Reproduce the following records exactly from the line containing "cleared = λ q h. (h, Memᴰ.not-nil);" onward, ending with the last line and including it.

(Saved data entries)
········

-- ===== src/Collector/Sweep.antt =====
-- `sweep` of src/common/memory.cc: which objects stay on the list and which are freed.
use mathlib.Core.List.{Memᴰ}
use mathlib.Core.List.Memᴰ
use yscript.Prelude.{
  ℕ, zero, suc, ◌<◌, ◌≡◌, ◌≢◌, ◌↔◌, inl, inr, refl, sym, ◌∙◌, List, [], ◌∷◌, Bool, true, false,
  some, arith, length, length-set, get_elem?, set, get_elem?-set_self, get_elem?-set_ne,
  get_elem?-lt, Bool-cases,
}
use package.native.Mathlib.Decide.{ℕ_discrete}
use yscript.Value.{Ptr}
use yscript.Memory.{Obj}
use yscript.Collector.{Sizes, is_marked, sweep_loop}

-- No address stands twice on the list.
abbrev pub IsDistinct : List Ptr → Type 0
IsDistinct [] = Unit
IsDistinct (p ∷ ps) = (¬ Memᴰ p ps) × IsDistinct ps

pub is_marked→eq :
    (marks : List Bool) (p : Ptr) → is_marked marks p ≡ true → get_elem? marks p ≡ some true
is_marked→eq [] p h = cc h
is_marked→eq (m ∷ marks) zero h = rw h
is_marked→eq (m ∷ marks) (suc p) h = is_marked→eq marks p h

pub eq→is_marked :
    (marks : List Bool) (p : Ptr) → get_elem? marks p ≡ some true → is_marked marks p ≡ true
eq→is_marked [] p h = cc h
eq→is_marked (m ∷ marks) zero h = cc h
eq→is_marked (m ∷ marks) (suc p) h = eq→is_marked marks p h

set-false :
    (marks : List Bool) (p q : Ptr)
    → get_elem? (set marks p false) q ≡ some true
    → (p ≢ q) × (get_elem? marks q ≡ some true)
set-false marks p q h = elim (ℕ_discrete p q) [
  | no apart ↦ (apart, sym (get_elem?-set_ne marks false apart) ∙ h)
  | yes e ↦
      let lt : p < length marks = omega (arith, get_elem?-lt _ q h, length-set marks p false) in
      let both = sym (get_elem?-set_self marks p false lt) in absurd (cc (both, h, e))
]

pub record Swept (objects : List Ptr) (marks : List Bool) (kept : List Ptr) (marks' : List Bool)
    (freed : List Ptr) : Type 0 where
  pub same_length : length marks' ≡ length marks
  pub cleared :
      (q : Ptr)
      → get_elem? marks' q ≡ some true
      → (get_elem? marks q ≡ some true) × (¬ Memᴰ q objects)
  pub stays : (q : Ptr) → Memᴰ q kept ↔ (Memᴰ q objects × (get_elem? marks q ≡ some true))
  pub goes : (q : Ptr) → Memᴰ q freed ↔ (Memᴰ q objects × (get_elem? marks q ≢ some true))
  pub distinct : IsDistinct kept

module _ (p : Ptr) (rest : List Ptr) (marks : List Bool) (kept : List Ptr) (marks' : List Bool)
    (freed : List Ptr) (apart : ¬ Memᴰ p rest) where
  Swept-keep :
      get_elem? marks p ≡ some true
      → Swept rest (set marks p false) kept marks' freed
      → Swept (p ∷ rest) marks (p ∷ kept) marks' freed
  Swept-keep m s =
      let others : (q : Ptr) → Memᴰ q rest → get_elem? (set marks p false) q ≡ get_elem? marks q =
        λ q k. get_elem?-set_ne marks false (λ e. apart (Memᴰ.cast e k)) in
      record {
        same_length = s.same_length ∙ length-set marks p false;
        cleared = λ q h.
            let (h₁, away) = s.cleared q h in
            let (ne, h₂) = set-false marks p q h₁ in
            (h₂, λ k. elim (Memᴰ.cases_cons k) [ inl e ↦ ne (sym e) | inr k' ↦ away k' ]);
        stays = λ q. (
          λ k. elim (Memᴰ.cases_cons k) [
            | inl e ↦ (Memᴰ.head e, rw e m)
            | inr k' ↦ let (k₁, h) = (s.stays q).0 k' in (Memᴰ.tail k₁, sym (others q k₁) ∙ h)
          ],
          λ k. elim (Memᴰ.cases_cons (k.0)) [
            | inl e ↦ Memᴰ.head e
            | inr k' ↦ Memᴰ.tail ((s.stays q).1 (k', others q k' ∙ k.1))
          ],
        );
        goes = λ q. (
          λ k. let (k₁, h) = (s.goes q).0 k in (Memᴰ.tail k₁, λ e. h (others q k₁ ∙ e)),
          λ k. elim (Memᴰ.cases_cons (k.0)) [
            | inl e ↦ absurd (k.1 (rw e m))
            | inr k' ↦ (s.goes q).1 (k', λ e. k.1 (sym (others q k') ∙ e))
          ],
        );
        distinct = (λ k. apart (((s.stays p).0 k).0), s.distinct);
      }

  Swept-free :
      get_elem? marks p ≢ some true
      → Swept rest marks kept marks' freed
      → Swept (p ∷ rest) marks kept marks' (p ∷ freed)
  Swept-free m s = record {
    same_length = s.same_length;
    cleared = λ q h.
        let (h₁, away) = s.cleared q h in
        (h₁, λ k. elim (Memᴰ.cases_cons k) [ inl e ↦ m (rw⁻¹ e h₁) | inr k' ↦ away k' ]);
    stays = λ q. (
      λ k. let (k₁, h) = (s.stays q).0 k in (Memᴰ.tail k₁, h),
      λ k. elim (Memᴰ.cases_cons (k.0)) [
        | inl e ↦ absurd (m (rw⁻¹ e (k.1)))
        | inr k' ↦ (s.stays q).1 (k', k.1)
      ],
    );
    goes = λ q. (
      λ k. elim (Memᴰ.cases_cons k) [
        | inl e ↦ (Memᴰ.head e, rw e m)
        | inr k' ↦ let (k₁, h) = (s.goes q).0 k' in (Memᴰ.tail k₁, h)
      ],
      λ k. elim (Memᴰ.cases_cons (k.0)) [
        | inl e ↦ Memᴰ.head e
        | inr k' ↦ Memᴰ.tail ((s.goes q).1 (k', k.1))
      ],
    );
    distinct = s.distinct;
  }

abbrev pub SweptBy : List Ptr → List Bool → List Ptr × List Bool × List Ptr × ℕ → Type 0
SweptBy objects marks (kept, marks', freed, _) = Swept objects marks kept marks' freed

-- Of the objects of the list, those that are marked stay, in their order, the others are freed,
-- and no mark is left on them.
pub sweep_loop-Swept :
    (sizes : Sizes) (memory : List Obj) (objects : List Ptr) (marks : List Bool)
    → IsDistinct objects
    → SweptBy objects marks (sweep_loop sizes memory objects marks)
unfolding sweep_loop
sweep_loop-Swept sizes memory [] marks d = record {
  same_length = refl;
  cleared = λ q h. (h, Memᴰ.not-nil);
  stays = λ q. (λ k. absurd (Memᴰ.not-nil k), λ k. absurd (Memᴰ.not-nil (k.0)));
  goes = λ q. (λ k. absurd (Memᴰ.not-nil k), λ k. absurd (Memᴰ.not-nil (k.0)));
  distinct = tt;
}
sweep_loop-Swept sizes memory (p ∷ rest) marks (apart, d) = elim (Bool-cases (is_marked marks p)) [
  | inl m ↦ rw m (
      Swept-keep p rest marks _ _ _ apart (is_marked→eq marks p m)
        (sweep_loop-Swept sizes memory rest (set marks p false) d))
  | inr m ↦ rw m (
      Swept-free p rest marks _ _ _ apart (λ e. cc (m, eq→is_marked marks p e))
        (sweep_loop-Swept sizes memory rest marks d))
]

········

> [Response for this exercise]:
  cleared = λ q h. (h, Memᴰ.not-nil);
  stays = λ q. (λ k. absurd (Memᴰ.not-nil k), λ k. absurd (Memᴰ.not-nil (k.0)));
  goes = λ q. (λ k. absurd (Memᴰ.not-nil k), λ k. absurd (Memᴰ.not-nil (k.0)));
  distinct = tt;
}
sweep_loop-Swept sizes memory (p ∷ rest) marks (apart, d) = elim (Bool-cases (is_marked marks p)) [
  | inl m ↦ rw m (
      Swept-keep p rest marks _ _ _ apart (is_marked→eq marks p m)
        (sweep_loop-Swept sizes memory rest (set marks p false) d))
  | inr m ↦ rw m (
      Swept-free p rest marks _ _ _ apart (λ e. cc (m, eq→is_marked marks p e))
        (sweep_loop-Swept sizes memory rest marks d))
]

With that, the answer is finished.